Kaan: Good question. Essentially, the Kalman filter is a fascinating algorithm discovered by Hungarian-American mathematical system theorist Rudolf Kalman, and it has been used since the 1960s and is still widely applied today.
The Kalman filter is one of the most important algorithms discovered in the twentieth century, and every signal processing or machine learning expert who works with sensors and makes predictions from sensor data should know why.
Let me try to explain with an example.
Problem - Designing an Autonomous Vehicle
Let’s assume we are designing a self-driving (autonomous) car. We can assume our car has many sensors to detect other cars, pedestrians, and cyclists. Knowing the location of these objects helps the vehicle make decisions and avoid collisions. However, besides knowing the location of objects, the autopilot must also predict its own and other vehicles’ future positions to plan ahead and avoid accidents.

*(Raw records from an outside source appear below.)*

-- ===== src/Server/Buffers.antt =====
-- What queueing lines may change in the state of RemoteControl_rtc/SignalingServer/main.cpp.
use mathlib.Core.Option
use webrtc_cpp_remote_contro.Base.{
  ◌+◌, ◌≤◌, ◌≡◌, refl, sym, ap, ◌∙◌, inl, inr, Bool, true, false, [], ◌∷◌, ◌++◌, append-nil,
  append_assoc, Option, none, some, arith, Bytes, length, length-append, ◌==◌, not, ◌&&◌, is_empty,
  bytes_eq, lookup-adjust, length-adjust, lookup-map_values, length-map_values, nat_eq, Bool-cases,
  Option-cases,
}
use webrtc_cpp_remote_contro.Server.State.{
  Socket, Client, Server, max_pending_send_bytes, client_at, overflows, append_line, update_client,
  queue_line, queue_line_at, announce, broadcast_presence, presence_message,
}

-- A client after lines were queued for it: nothing is taken back, and the buffer keeps its limit.
pub record Grows (c d : Client) : Type 0 where
  pub same_socket : d.socket ≡ c.socket
  pub same_user : d.user_id ≡ c.user_id
  pub same_input : d.receive_buffer ≡ c.receive_buffer
  pub added : Bytes
  pub appended : d.send_buffer ≡ c.send_buffer ++ added
  pub limited :
      length c.send_buffer ≤ max_pending_send_bytes → length d.send_buffer ≤ max_pending_send_bytes

pub Grows-refl : (c : Client) → Grows c c
Grows-refl c = record {
  same_socket = refl;
  same_user = refl;
  same_input = refl;
  added = [];
  appended = sym (append-nil _);
  limited = λ h. h;
}

pub Grows-trans : (c d e : Client) → Grows c d → Grows d e → Grows c e
Grows-trans c d e g h = record {
  same_socket = h.same_socket ∙ g.same_socket;
  same_user = h.same_user ∙ g.same_user;
  same_input = h.same_input ∙ g.same_input;
  added = g.added ++ h.added;
  appended =
      h.appended ∙ ap (λ b. b ++ h.added) g.appended ∙ append_assoc c.send_buffer g.added h.added;
  limited = λ l. h.limited (g.limited l);
}

-- While the buffer keeps its limit the difference in `QueueLine` does not wrap around, so a line
-- is refused exactly when it and its newline do not fit.
pub queue_line_fits :
    (c : Client) (json : Bytes)
    → length c.send_buffer ≤ max_pending_send_bytes
    → (length c.send_buffer + (length json + 1) ≤ max_pending_send_bytes)
    → queue_line c json ≡ (append_line c json, true)
unfolding queue_line
queue_line_fits c json h k = ground arith

pub queue_line_full :
    (c : Client) (json : Bytes)
    → length c.send_buffer ≤ max_pending_send_bytes
    → max_pending_send_bytes + 1 ≤ length c.send_buffer + (length json + 1)
    → queue_line c json ≡ (c, false)
unfolding queue_line
queue_line_full c json h k = ground arith

length-append_line :
    (c : Client) (json : Bytes)
    → length (append_line c json).send_buffer ≡ length c.send_buffer + (length json + 1)
length-append_line c json =
    omega (arith, length-append c.send_buffer (json ++ b'\n' ∷ []), length-append json (b'\n' ∷ []))

append_line-Grows :
    (c : Client) (json : Bytes) → overflows c json ≡ false → Grows c (append_line c json)
append_line-Grows c json h = record {
  same_socket = refl;
  same_user = refl;
  same_input = refl;
  added = json ++ b'\n' ∷ [];
  appended = refl;
  limited = λ l. ground (arith, length-append_line c json);
}

pub queue_line-Grows : (c : Client) (json : Bytes) → Grows c (queue_line c json).0
unfolding queue_line
queue_line-Grows c json = elim (Bool-cases (overflows c json)) [
  | inl full ↦ rw full (Grows-refl c)
  | inr fits ↦ rw fits (append_line-Grows c json fits)
]

-- Two states of `g_clients` agree at a key, or hold clients there that `R` relates.
abbrev pub Related {ℓ} : {A : Type ℓ} → (A → A → Type 0) → Option A → Option A → Type 0
Related R none none = Unit
Related R (some a) (some b) = R a b
Related R _ _ = ⊥

-- A state after lines were queued: the same users, the same clients, longer send buffers.
pub record Extends (s t : Server) : Type 0 where
  pub same_users : t.users ≡ s.users
  pub grown : (k : Socket) → Related Grows (client_at s k) (client_at t k)
  pub same_count : length t.clients ≡ length s.clients

Related-refl : (o : Option Client) → Related Grows o o
Related-refl none = tt
Related-refl (some c) = Grows-refl c

Related-trans : (o p q : Option Client) → Related Grows o p → Related Grows p q → Related Grows o q
Related-trans none none none g h = tt
Related-trans (some c) (some d) (some e) g h = Grows-trans c d e g h
Related-trans none none (some e) g h = h
Related-trans none (some d) q g h = absurd g
Related-trans (some c) none q g h = absurd g
Related-trans (some c) (some d) none g h = h

Related-map :
    (f : Client → Client)
    → ((c : Client) → Grows c (f c))
    → (o : Option Client) → Related Grows o (Option.map f o)
Related-map f h none = tt
Related-map f h (some c) = h c

pub Extends-refl : (s : Server) → Extends s s
Extends-refl s = record {
  same_users = refl;
  grown = λ k. Related-refl (client_at s k);
  same_count = refl;
}

pub Extends-trans : {s t u : Server} → Extends s t → Extends t u → Extends s u
Extends-trans {s} {t} {u} g h = record {
  same_users = h.same_users ∙ g.same_users;
  grown =
      λ k. Related-trans (client_at s k) (client_at t k) (client_at u k) (g.grown k) (h.grown k);
  same_count = h.same_count ∙ g.same_count;
}

update_client-Extends :
    (s : Server) (socket : Socket) (f : Client → Client)
    → ((c : Client) → Grows c (f c))
    → Extends s (update_client s socket f)
update_client-Extends s socket f h = record {
  same_users = refl;
  grown = λ k. rw (lookup-adjust socket k f s.clients) (elim (Bool-cases (socket == k)) [
    | inl hit ↦ rw hit (Related-map f h (client_at s k))
    | inr miss ↦ rw miss (Related-refl (client_at s k))
  ]);
  same_count = length-adjust socket f s.clients;
}

pub queue_line_at-Extends :
    (s : Server) (socket : Socket) (json : Bytes) → Extends s (queue_line_at s socket json).0
unfolding queue_line_at
queue_line_at-Extends s socket json = elim (Option-cases (client_at s socket)) [
  | inl e ↦ rw (e, queue_line_at) (Extends-refl s)
  | inr (c, e) ↦
      rw (e, queue_line_at)
        (update_client-Extends s socket (λ d. (queue_line d json).0) (λ d. queue_line-Grows d json))
]

announce-Grows : (user_id message : Bytes) (c : Client) → Grows c (announce user_id message c)
unfolding announce
announce-Grows user_id message c =
    elim (Bool-cases (not (is_empty c.user_id) && not (bytes_eq c.user_id user_id))) [
      | inl told ↦ rw told (queue_line-Grows c message)
      | inr skipped ↦ rw skipped (Grows-refl c)
    ]

pub broadcast_presence-Extends :
    (s : Server) (user_id : Bytes) (online : Bool) → Extends s (broadcast_presence s user_id online)
unfolding broadcast_presence
broadcast_presence-Extends s user_id online =
    let f = announce user_id (presence_message user_id online) in
    record {
      same_users = refl;
      grown = λ k. rw (lookup-map_values k f s.clients) (
          Related-map f (announce-Grows user_id (presence_message user_id online)) (client_at s k));
      same_count = length-map_values f s.clients;
    }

So, the autopilot should have not only sensors to determine the positions of objects but also mathematical models to predict their future positions. In the real world, prediction models and sensors are not perfect. There is always uncertainty. For example, weather conditions can affect sound sensor data (increasing uncertainty), so the vehicle cannot fully trust the data from these sensors. Our goal is to reduce this uncertainty and strengthen our predictions using Kalman filters!
Before going into the theory in detail, let me note that to understand Kalman well, you need a strong background in linear dynamic systems, state-space, matrices, Markov chains, and covariance.
Emre: Can you provide reference sources?
Kaan: Of course, linear dynamic systems and state-space models are taught in Control Theory courses, matrices in Linear Algebra courses, and finally Markov Chains and Covariance in Probability and Statistics courses.
Kalman Filter
The mathematics of the Kalman filter can be intimidating in many places you find on Google, but I will try to explain it simply here.
Let’s start by building our mathematical model.
Let’s assume our autopilot has a state vector $\vec{x}$ representing position ($p$) and velocity ($v$):
Remember, the state vector is just a list of numbers related to your system’s basic configuration; it can be any combination of data. In our example, we took position and velocity, but it could also be the amount of fuel in the tank, engine temperature, the position of a user’s finger on a touch surface, or any other sensor data we need to track.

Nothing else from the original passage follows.